Whew. Riding a bike never felt so complicated!

 

Anyway, I thought this equation would make a nice little test for equation support in OneNote 2010. It took me a little bit of time (just under 5 minutes) to enter this, but I restricted myself to only using the commands in the ribbon to create the equation, with one exception. The term v2 I entered with "v^2 SPACE" purely from "muscle memory."  The underlying equation functionality parsed it into the superscript format for me.

 

It's also nice to see that our equation support can handle this type of “real world” equation. When I get some time, I may add this to my automated testing, but from a pure testing point of view, I have matrixes, superscripts, subscripts and basic operators already being tested. There is not much "new" content here. After a little bit of examining this, I will probably wind up equivalence classing this to tests that already exist.

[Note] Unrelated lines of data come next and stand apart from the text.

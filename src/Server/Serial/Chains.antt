-- ===== src/Server/Serial/Chains.antt =====
-- A call at once, and its accesses one after the other, do the same to the chains of the table.
use mathlib.Core.Path.{fun_ext}
use so.Common.{
  ℕ, suc, Bool, Option, none, some, List, [], ◌∷◌, ◌++◌, Bytes, All, pos, Run, ok, fault, ◌>>=◌,
  length, length-set, get_or-set, append_assoc, append-nil, arith, ◌≡◌, ◌⊎◌, refl, ◌∙◌, sym, ap,
  Option-cases, inl, inr, Fault, >>=-eq-ok,
}
use so.Server.Kvs.Table.{hash-lt}
use so.Server.Kvs.{
  Chain, HashTable, chain_at, set_chain, hash, table_size, find_node, update_node, set_value,
  new_node, locate, write_pair, read_pair, KeyNode,
}
use so.Server.Sort.{Pair}
use so.Server.Operations.{write_pairs, keys_of, read_loop, Event, sprintf, read_reply, output}
use so.Server.Operations.Output.{said}
use so.Server.Operations.Locks.{HasBucket}
use so.Server.Serial.{Access, run, update}
use so.Server.Serial.Commands.{Local, write_chain, write_accesses, look_ups, value_at}

-- The table has its 26 chains.
abbrev pub IsWhole : HashTable → Type 0
IsWhole ht = length ht.table ≡ table_size

-- Of three parts, the first two may be put together.
>>=_assoc :
    {A B C : Type 0} (r : Run A) (f : A → Run B) (g : B → Run C)
    → (r >>= f) >>= g ≡ r >>= (λ a. f a >>= g)
>>=_assoc (ok a) f g = refl
>>=_assoc (fault why) f g = refl

write_chain-absent :
    (memory : Option (List ℕ)) (k value : Bytes) (c : Chain)
    → find_node k c ≡ none
    → write_chain memory k value c ≡ new_node memory k value >>= λ n. ok (n ∷ c)
unfolding write_chain
write_chain-absent memory k value c absent = rw (write_chain, absent)

write_chain-found :
    (memory : Option (List ℕ)) (k value : Bytes) (c : Chain) {n : KeyNode}
    → find_node k c ≡ some n
    → write_chain memory k value c ≡ ok (update_node (set_value value) k c)
unfolding write_chain
write_chain-found memory k value c found = rw (write_chain, found)

abbrev stored : HashTable → ℕ → Chain → Run (HashTable × ℕ)
stored ht i c = ok (set_chain ht i c, 0)

module _ (ht : HashTable) (w : IsWhole ht) (k : Bytes) {i : ℕ} (e : hash k ≡ pos i) where
  pub chain_at-set_chain : (c : Chain) → chain_at (set_chain ht i c) ≡ update (chain_at ht) i c
  chain_at-set_chain c = fun_ext (λ j. get_or-set ht.table i j c [] (rw w (hash-lt k e)))

  pub set_chain-IsWhole : (c : Chain) → IsWhole (set_chain ht i c)
  set_chain-IsWhole c = length-set ht.table i c ∙ w

  pub located_at : locate ht k ≡ ok i
  located_at = rw (e, w) (ground (arith, hash-lt k e))

  write_pair-write_chain :
      (memory : Option (List ℕ)) (value : Bytes)
      → write_pair memory ht k value ≡ write_chain memory k value (chain_at ht i) >>= stored ht i
  unfolding write_pair
  write_pair-write_chain memory value =
      rw (located_at, ◌>>=◌)
        (elim (Option-cases (find_node k (chain_at ht i))) [
          | inl absent ↦
              rw (write_chain-absent memory k value (chain_at ht i) absent, absent)
                (sym
                  (>>=_assoc (new_node memory k value) (λ n. ok (n ∷ chain_at ht i)) (stored ht i)))
          | inr (n, found) ↦ rw (write_chain-found memory k value (chain_at ht i) found, found)
        ])

-- A run ends in a value or in a fault.
pub Run-cases :
    {A : Type 0} (r : Run A) → ((a : A) × (r ≡ ok a)) ⊎ ((why : Fault) × (r ≡ fault why))
Run-cases (ok a) = inl (a, refl)
Run-cases (fault why) = inr (why, refl)

-- From this table and local state to those, through the accesses.
abbrev pub Moves : List (Access Chain Local) → Local → HashTable → Local → HashTable → Type 0
Moves accesses l ht m after = (run accesses (l, chain_at ht) ≡ (m, chain_at after)) × IsWhole after

pub write_pairs-Moves :
    (memory : ℕ → Option (List ℕ)) (j : ℕ) (ps : List Pair) (l : Local) (ht after : HashTable)
    → IsWhole ht
    → All HasBucket (keys_of ps)
    → write_pairs memory j ps ht ≡ ok after
    → Moves (write_accesses memory j ps) l ht l after
unfolding write_pairs write_accesses keys_of run
write_pairs-Moves memory j [] l ht after w all ended =
    let e : ht ≡ after = cc in (ap (λ t. (l, chain_at t)) e, rw (← e) w)
write_pairs-Moves memory j (p ∷ ps) l ht after w ((i, e), all) ended =
    elim (Run-cases (write_chain (memory j) p.0 p.1 (chain_at ht i))) [
      | inl (c, wrote) ↦
          let next =
            write_pairs-Moves memory (suc j) ps l (set_chain ht i c) after
              (set_chain-IsWhole ht w p.0 e c) all
              (rw (write_pair-write_chain ht w p.0 e (memory j) p.1, wrote, ◌>>=◌) at ended) in
          (rw (e, wrote, ← chain_at-set_chain ht w p.0 e c) next.0, next.1)
      | inr (why, stopped) ↦
          let no = rw (write_pair-write_chain ht w p.0 e (memory j) p.1, stopped, ◌>>=◌) at ended in
          cc
    ]

read_pair-find_node :
    (ht : HashTable) (w : IsWhole ht) (k : Bytes) {i : ℕ} (e : hash k ≡ pos i)
    → read_pair ht k ≡ ok (value_at (find_node k (chain_at ht i)))
unfolding read_pair
read_pair-find_node ht w k {i} e =
    rw (located_at ht w k e, ◌>>=◌)
      (elim (Option-cases (find_node k (chain_at ht i))) [
        | inl absent ↦ rw absent
        | inr (n, found) ↦ rw found
      ])

pub look_ups-run :
    (keys : List Bytes) (last : List (Access Chain Local)) (out : Bytes) (b : Bool) (ht : HashTable)
    {events : List Event}
    → IsWhole ht
    → All HasBucket keys
    → read_loop ht keys ≡ ok events
    → run (look_ups keys last) (ok (out, b), chain_at ht)
      ≡ run last (ok (out ++ said events, b), chain_at ht)
unfolding read_loop look_ups run
look_ups-run [] last out b ht {events} w all ended =
    let e : [] ≡ events = cc in rw (← e, append-nil)
look_ups-run (k ∷ ks) last out b ht {events} w ((i, e), all) ended =
    let (buffer, printed, loops) =
      >>=-eq-ok (sprintf (read_reply k (value_at (find_node k (chain_at ht i))))) _
        (rw (read_pair-find_node ht w k e, ◌>>=◌) at ended) in
    let (rest, answered, last_one) = >>=-eq-ok (read_loop ht ks) _ loops in
    let e2 : output buffer ∷ rest ≡ events = cc in
    rw (e, ◌>>=◌, printed, ← e2)
      (look_ups-run ks last (out ++ buffer) b ht w all answered
        ∙ ap (λ t. run last (ok (t, b), chain_at ht)) (append_assoc out buffer (said rest)))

I'll keep this in mind as a user scenario, though.

 

A final piece of the puzzle here is pasting this article from OneNote (where I write all my articles) into Windows Live Writer (which I use to publish them).  The equation in OneNote is an editable equation, but Live Writer does not support equation objects.  We planned for the capability of pasting equations into applications that don’t understand that format by placing an image on the clipboard as well as the equation.  So when I paste into WLW, the image gets used (and that is what you can see above).

 

All in all, this is just something that caught my eye and since it looped back to testing OneNote, I figured I would share.

 

Questions, comments, concerns and criticisms always welcome,

John

Comments

  • Anonymous
    July 15, 2010
    So every time you copy the equation to the clipboard you copy an image as well, regardless of whether or not you need it?  Seems like a waste of memory.  Granted, I can't think of an elegant alternative solution, but if I am constantly copying formulae into applications which do support them (and thus don't need the image), them I am wasting memory (and cycles) every time.  How big are the images (e.g. the one in the blog post)?  Maybe you can make an option setting to "Allow pasting formulae into apps that don't understand them" or something, though that may be too confusing for the average user.

  • Anonymous
    July 15, 2010
    For what it's worth the image isn't showing up in the blog or on the rss feed. Clicking through on the graphic  also leads to a 404 error which isn't going to help either ;-) Using ie 8 as web browser. Running in compatibility mode doesn't help either but the image placeholder gets bigger

  • Anonymous
    July 15, 2010
    Odd.  I can see all content with IE8 on a separate machine from the one I used to publish.  Server error?  Can you refresh?

  • Anonymous
    July 15, 2010
    Odd.  can you refresh?  I just tested on an IE8 machine separate from the publishing machine and it shows correctly.